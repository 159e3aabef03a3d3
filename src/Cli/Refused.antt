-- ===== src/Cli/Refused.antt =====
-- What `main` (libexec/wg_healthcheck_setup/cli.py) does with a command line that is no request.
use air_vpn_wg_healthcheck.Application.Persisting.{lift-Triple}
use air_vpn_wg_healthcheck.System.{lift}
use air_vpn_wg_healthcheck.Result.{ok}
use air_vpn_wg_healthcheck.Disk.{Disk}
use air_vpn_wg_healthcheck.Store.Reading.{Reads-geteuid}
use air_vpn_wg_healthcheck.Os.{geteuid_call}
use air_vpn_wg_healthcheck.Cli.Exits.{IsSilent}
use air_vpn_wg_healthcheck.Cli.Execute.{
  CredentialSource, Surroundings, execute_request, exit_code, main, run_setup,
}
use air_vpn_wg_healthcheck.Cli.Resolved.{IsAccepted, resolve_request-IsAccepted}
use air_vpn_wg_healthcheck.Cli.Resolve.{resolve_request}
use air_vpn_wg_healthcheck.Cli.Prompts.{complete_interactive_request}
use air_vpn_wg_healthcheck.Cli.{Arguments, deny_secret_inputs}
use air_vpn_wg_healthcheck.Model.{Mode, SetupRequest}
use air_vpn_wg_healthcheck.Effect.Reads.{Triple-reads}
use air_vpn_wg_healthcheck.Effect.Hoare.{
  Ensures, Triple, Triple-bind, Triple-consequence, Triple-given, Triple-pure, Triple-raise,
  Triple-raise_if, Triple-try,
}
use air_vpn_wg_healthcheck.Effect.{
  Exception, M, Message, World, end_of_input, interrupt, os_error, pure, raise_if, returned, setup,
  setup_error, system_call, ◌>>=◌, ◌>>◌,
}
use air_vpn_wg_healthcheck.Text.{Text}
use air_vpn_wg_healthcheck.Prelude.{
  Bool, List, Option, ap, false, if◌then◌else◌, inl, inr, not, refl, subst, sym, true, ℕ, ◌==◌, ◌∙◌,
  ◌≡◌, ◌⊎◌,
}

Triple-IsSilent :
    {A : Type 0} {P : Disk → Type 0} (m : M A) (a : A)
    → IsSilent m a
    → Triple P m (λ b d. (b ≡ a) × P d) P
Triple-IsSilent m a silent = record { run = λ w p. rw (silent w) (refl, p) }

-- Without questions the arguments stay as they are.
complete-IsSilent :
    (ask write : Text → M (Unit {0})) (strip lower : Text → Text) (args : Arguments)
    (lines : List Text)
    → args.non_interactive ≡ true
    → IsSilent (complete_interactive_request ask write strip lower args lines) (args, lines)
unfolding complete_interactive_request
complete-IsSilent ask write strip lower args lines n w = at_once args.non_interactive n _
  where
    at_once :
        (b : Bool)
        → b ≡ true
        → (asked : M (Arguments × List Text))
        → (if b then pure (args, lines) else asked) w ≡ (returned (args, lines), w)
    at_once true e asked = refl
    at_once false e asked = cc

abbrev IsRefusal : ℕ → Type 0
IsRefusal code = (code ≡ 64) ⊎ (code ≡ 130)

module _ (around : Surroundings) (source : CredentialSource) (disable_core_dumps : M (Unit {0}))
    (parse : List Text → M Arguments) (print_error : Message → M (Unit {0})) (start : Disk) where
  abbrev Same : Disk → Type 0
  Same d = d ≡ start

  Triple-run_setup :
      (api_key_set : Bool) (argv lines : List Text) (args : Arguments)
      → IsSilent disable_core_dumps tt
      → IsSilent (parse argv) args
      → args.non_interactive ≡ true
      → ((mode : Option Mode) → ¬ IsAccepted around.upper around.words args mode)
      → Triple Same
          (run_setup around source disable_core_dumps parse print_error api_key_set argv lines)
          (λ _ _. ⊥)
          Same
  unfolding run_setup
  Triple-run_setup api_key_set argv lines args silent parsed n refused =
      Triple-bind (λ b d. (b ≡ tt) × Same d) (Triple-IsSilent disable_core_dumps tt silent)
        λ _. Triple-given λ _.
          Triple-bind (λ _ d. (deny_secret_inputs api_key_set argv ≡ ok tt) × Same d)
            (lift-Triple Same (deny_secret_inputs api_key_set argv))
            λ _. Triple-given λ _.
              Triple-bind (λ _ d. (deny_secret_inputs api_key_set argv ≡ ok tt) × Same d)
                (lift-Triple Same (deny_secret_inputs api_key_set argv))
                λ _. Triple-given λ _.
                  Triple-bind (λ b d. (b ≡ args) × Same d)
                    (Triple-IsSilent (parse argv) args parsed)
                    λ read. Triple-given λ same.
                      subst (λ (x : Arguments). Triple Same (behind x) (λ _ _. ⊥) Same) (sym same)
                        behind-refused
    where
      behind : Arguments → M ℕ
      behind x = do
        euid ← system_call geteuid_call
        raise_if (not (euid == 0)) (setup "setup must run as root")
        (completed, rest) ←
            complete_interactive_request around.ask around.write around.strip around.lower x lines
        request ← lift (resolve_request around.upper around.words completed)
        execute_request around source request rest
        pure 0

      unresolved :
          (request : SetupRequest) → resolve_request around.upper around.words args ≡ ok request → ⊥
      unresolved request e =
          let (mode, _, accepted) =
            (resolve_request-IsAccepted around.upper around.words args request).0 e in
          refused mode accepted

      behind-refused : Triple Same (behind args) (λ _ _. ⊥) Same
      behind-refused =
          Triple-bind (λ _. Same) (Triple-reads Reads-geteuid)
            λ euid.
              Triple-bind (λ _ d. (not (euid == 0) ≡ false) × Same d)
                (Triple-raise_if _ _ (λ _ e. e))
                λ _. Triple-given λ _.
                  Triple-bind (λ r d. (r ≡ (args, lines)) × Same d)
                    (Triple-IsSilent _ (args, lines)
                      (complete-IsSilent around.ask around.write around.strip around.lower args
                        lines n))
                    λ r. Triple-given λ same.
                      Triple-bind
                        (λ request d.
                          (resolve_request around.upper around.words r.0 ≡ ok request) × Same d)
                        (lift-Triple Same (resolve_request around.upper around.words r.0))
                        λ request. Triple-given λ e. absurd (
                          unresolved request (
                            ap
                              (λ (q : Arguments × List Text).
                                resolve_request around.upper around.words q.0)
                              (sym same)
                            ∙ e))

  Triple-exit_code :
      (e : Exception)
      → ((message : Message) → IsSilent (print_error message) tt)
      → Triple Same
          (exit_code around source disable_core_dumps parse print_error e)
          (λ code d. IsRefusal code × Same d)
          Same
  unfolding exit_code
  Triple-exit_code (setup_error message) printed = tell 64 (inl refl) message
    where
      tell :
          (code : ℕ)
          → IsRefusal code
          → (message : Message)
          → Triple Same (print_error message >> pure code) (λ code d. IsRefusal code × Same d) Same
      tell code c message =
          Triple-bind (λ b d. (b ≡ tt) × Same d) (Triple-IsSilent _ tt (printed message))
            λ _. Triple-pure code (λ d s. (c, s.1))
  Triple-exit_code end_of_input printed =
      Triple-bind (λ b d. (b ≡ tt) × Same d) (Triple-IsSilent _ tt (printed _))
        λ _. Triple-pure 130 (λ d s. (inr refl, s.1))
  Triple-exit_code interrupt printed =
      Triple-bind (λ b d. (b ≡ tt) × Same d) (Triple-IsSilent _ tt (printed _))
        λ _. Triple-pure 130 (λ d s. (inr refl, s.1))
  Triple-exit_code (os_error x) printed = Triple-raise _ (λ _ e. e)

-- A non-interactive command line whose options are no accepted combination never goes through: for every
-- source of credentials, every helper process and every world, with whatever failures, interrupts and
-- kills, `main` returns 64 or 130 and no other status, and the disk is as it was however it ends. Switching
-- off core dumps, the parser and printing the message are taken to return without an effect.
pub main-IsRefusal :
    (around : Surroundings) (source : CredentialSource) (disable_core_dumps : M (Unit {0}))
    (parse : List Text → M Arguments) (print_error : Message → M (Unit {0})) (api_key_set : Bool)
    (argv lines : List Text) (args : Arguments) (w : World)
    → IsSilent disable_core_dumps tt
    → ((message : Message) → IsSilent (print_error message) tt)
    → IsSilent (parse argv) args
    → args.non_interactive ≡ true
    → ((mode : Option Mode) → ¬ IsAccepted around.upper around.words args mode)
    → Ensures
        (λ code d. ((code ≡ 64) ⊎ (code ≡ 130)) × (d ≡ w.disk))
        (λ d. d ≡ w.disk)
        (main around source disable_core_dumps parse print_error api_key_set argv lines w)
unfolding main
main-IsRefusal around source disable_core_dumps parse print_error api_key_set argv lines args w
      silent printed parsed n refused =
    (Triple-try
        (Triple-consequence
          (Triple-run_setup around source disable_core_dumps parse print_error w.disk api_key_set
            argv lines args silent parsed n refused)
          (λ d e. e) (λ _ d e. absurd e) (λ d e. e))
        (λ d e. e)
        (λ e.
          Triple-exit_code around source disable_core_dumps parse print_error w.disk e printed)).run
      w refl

...

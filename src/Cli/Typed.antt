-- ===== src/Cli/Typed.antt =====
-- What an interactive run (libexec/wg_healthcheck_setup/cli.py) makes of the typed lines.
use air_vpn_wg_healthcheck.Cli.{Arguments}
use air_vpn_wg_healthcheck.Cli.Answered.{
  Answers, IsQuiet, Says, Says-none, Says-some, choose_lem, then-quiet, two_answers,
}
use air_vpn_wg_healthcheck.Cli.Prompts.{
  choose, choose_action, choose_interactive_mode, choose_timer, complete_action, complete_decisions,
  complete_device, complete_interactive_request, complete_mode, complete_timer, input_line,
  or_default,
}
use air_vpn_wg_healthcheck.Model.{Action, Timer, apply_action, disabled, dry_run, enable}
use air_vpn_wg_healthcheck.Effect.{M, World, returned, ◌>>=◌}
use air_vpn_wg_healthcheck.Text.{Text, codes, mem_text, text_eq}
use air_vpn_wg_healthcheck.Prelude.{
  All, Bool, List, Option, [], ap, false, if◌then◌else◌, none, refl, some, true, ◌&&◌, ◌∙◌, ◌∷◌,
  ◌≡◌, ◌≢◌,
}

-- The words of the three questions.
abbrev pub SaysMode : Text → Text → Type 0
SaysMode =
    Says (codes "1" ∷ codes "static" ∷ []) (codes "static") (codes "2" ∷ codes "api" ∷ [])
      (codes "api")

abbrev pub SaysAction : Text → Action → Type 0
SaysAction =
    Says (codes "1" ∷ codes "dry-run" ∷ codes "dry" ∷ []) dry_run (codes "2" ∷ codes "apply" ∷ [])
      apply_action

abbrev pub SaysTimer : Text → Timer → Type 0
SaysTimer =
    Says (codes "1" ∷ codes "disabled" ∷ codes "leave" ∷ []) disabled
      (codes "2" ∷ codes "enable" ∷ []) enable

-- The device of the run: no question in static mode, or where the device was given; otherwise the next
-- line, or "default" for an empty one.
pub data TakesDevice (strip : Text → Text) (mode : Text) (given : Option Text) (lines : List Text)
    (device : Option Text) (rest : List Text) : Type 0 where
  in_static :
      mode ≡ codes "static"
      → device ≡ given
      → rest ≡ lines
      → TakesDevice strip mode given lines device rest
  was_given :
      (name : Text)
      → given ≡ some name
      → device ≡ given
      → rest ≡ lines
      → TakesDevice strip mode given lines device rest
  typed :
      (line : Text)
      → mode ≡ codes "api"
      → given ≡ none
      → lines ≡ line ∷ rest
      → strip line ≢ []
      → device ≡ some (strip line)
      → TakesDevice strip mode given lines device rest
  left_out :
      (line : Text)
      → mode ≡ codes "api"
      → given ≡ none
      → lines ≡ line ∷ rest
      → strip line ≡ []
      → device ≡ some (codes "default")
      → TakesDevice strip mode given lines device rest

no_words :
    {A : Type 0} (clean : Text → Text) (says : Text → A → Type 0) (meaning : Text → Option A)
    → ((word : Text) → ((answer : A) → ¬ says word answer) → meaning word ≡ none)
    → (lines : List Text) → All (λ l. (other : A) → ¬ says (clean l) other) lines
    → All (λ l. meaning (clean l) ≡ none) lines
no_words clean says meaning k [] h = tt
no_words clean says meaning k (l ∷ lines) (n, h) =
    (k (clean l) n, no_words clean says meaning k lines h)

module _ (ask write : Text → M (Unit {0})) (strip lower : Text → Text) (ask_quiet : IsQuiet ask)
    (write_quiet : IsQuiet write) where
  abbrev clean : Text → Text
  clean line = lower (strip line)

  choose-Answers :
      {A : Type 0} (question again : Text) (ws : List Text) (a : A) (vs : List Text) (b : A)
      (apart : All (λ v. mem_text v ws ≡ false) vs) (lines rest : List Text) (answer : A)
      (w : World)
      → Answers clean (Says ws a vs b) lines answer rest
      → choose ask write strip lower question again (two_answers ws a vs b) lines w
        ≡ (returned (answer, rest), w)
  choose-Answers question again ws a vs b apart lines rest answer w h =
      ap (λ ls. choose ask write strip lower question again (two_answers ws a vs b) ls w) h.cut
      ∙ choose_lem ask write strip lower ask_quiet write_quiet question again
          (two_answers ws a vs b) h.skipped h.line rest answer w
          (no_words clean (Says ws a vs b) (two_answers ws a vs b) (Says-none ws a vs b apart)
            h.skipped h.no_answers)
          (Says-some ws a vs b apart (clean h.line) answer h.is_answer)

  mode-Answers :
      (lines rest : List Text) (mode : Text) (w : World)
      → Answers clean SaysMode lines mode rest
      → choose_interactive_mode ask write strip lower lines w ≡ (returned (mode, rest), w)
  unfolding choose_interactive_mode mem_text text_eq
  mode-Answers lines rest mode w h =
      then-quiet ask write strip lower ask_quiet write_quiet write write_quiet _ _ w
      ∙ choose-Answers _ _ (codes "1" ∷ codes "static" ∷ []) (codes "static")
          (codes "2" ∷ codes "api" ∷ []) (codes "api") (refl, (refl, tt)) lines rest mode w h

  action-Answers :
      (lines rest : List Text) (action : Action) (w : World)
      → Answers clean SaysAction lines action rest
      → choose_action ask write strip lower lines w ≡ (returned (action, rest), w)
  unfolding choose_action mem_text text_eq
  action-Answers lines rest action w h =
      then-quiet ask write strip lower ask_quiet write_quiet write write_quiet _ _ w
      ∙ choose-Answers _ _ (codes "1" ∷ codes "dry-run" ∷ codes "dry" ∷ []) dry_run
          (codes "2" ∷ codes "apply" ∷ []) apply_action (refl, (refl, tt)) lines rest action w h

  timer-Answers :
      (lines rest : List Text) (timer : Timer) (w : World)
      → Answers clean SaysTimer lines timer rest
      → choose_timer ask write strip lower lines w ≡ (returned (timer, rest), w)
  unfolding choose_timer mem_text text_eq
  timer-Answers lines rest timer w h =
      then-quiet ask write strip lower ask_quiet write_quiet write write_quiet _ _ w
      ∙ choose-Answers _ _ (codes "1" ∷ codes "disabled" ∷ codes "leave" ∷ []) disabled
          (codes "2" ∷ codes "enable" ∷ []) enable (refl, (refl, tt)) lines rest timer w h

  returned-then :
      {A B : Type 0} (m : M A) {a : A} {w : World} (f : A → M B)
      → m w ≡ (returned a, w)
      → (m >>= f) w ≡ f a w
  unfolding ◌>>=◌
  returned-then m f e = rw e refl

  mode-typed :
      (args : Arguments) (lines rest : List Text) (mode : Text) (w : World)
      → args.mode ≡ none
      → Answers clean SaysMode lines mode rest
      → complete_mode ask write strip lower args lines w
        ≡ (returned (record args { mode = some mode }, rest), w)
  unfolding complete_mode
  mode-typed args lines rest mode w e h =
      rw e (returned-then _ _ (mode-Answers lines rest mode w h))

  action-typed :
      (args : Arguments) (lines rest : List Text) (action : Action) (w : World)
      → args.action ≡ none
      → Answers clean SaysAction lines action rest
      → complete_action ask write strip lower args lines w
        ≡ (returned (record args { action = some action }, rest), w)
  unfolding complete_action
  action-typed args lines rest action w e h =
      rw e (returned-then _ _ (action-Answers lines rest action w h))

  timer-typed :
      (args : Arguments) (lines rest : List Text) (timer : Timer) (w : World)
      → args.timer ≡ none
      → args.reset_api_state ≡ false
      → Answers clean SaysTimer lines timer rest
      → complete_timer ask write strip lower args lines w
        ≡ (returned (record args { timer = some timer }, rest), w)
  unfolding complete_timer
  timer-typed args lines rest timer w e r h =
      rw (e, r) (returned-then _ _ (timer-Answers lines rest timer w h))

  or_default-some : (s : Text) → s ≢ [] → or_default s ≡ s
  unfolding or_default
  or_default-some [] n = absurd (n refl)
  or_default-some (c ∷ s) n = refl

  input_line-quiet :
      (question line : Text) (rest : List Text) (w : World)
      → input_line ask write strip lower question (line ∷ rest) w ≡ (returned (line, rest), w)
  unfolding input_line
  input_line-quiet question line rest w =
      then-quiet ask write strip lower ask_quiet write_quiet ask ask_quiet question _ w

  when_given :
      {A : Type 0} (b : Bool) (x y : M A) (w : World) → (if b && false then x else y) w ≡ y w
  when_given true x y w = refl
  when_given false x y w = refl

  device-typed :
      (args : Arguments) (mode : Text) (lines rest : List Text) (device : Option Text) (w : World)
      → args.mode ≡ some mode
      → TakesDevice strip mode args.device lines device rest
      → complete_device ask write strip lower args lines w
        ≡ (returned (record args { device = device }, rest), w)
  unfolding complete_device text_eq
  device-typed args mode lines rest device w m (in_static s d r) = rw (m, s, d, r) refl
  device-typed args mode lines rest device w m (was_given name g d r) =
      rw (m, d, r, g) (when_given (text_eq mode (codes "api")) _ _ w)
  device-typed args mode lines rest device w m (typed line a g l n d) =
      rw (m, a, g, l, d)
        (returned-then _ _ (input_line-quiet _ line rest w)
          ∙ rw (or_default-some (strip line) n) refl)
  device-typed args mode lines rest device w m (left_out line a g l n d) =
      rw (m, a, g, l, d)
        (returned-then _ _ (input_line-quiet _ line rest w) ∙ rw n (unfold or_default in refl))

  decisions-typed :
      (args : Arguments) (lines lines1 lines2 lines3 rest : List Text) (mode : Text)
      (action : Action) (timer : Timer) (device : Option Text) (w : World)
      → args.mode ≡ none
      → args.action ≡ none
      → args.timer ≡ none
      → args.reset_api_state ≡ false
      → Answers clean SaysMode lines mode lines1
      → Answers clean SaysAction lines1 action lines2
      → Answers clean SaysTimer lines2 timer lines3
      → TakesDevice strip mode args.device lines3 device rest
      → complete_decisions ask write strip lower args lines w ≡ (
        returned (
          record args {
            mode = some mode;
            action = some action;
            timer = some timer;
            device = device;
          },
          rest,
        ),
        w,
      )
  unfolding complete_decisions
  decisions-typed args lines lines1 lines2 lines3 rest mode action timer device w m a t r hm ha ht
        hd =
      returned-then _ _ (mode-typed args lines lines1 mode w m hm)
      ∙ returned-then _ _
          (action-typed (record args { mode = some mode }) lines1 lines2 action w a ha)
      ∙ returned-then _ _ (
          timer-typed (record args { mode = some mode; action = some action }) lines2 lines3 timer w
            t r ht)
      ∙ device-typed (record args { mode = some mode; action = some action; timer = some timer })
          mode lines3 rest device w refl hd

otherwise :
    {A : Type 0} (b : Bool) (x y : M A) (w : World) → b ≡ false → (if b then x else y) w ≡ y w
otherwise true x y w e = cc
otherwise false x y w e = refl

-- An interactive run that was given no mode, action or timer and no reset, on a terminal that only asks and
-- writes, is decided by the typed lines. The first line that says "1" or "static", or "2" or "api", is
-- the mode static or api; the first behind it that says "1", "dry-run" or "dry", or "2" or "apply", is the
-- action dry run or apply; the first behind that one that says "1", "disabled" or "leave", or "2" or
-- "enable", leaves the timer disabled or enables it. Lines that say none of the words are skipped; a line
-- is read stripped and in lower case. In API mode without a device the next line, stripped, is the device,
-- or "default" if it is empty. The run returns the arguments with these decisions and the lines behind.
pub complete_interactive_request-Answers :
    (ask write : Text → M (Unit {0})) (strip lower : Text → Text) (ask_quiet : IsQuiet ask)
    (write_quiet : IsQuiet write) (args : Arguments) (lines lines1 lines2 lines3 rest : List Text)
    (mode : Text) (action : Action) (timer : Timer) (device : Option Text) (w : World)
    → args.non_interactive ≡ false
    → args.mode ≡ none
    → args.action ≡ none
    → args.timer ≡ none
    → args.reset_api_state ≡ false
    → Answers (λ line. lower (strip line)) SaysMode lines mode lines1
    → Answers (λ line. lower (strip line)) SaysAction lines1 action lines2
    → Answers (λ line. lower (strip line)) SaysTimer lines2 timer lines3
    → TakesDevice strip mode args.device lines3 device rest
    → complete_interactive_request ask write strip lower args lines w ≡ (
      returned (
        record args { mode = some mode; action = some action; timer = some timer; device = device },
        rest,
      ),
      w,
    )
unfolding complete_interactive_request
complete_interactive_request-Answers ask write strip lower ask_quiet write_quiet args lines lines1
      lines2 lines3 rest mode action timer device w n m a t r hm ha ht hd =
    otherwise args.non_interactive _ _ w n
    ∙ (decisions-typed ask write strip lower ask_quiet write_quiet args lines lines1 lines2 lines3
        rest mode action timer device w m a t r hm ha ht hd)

WORK INSTRUCTION. Give the count of lines containing the word "Prompts" in the listing, and no other text.

SOLUTION TO THE PROBLEM. 2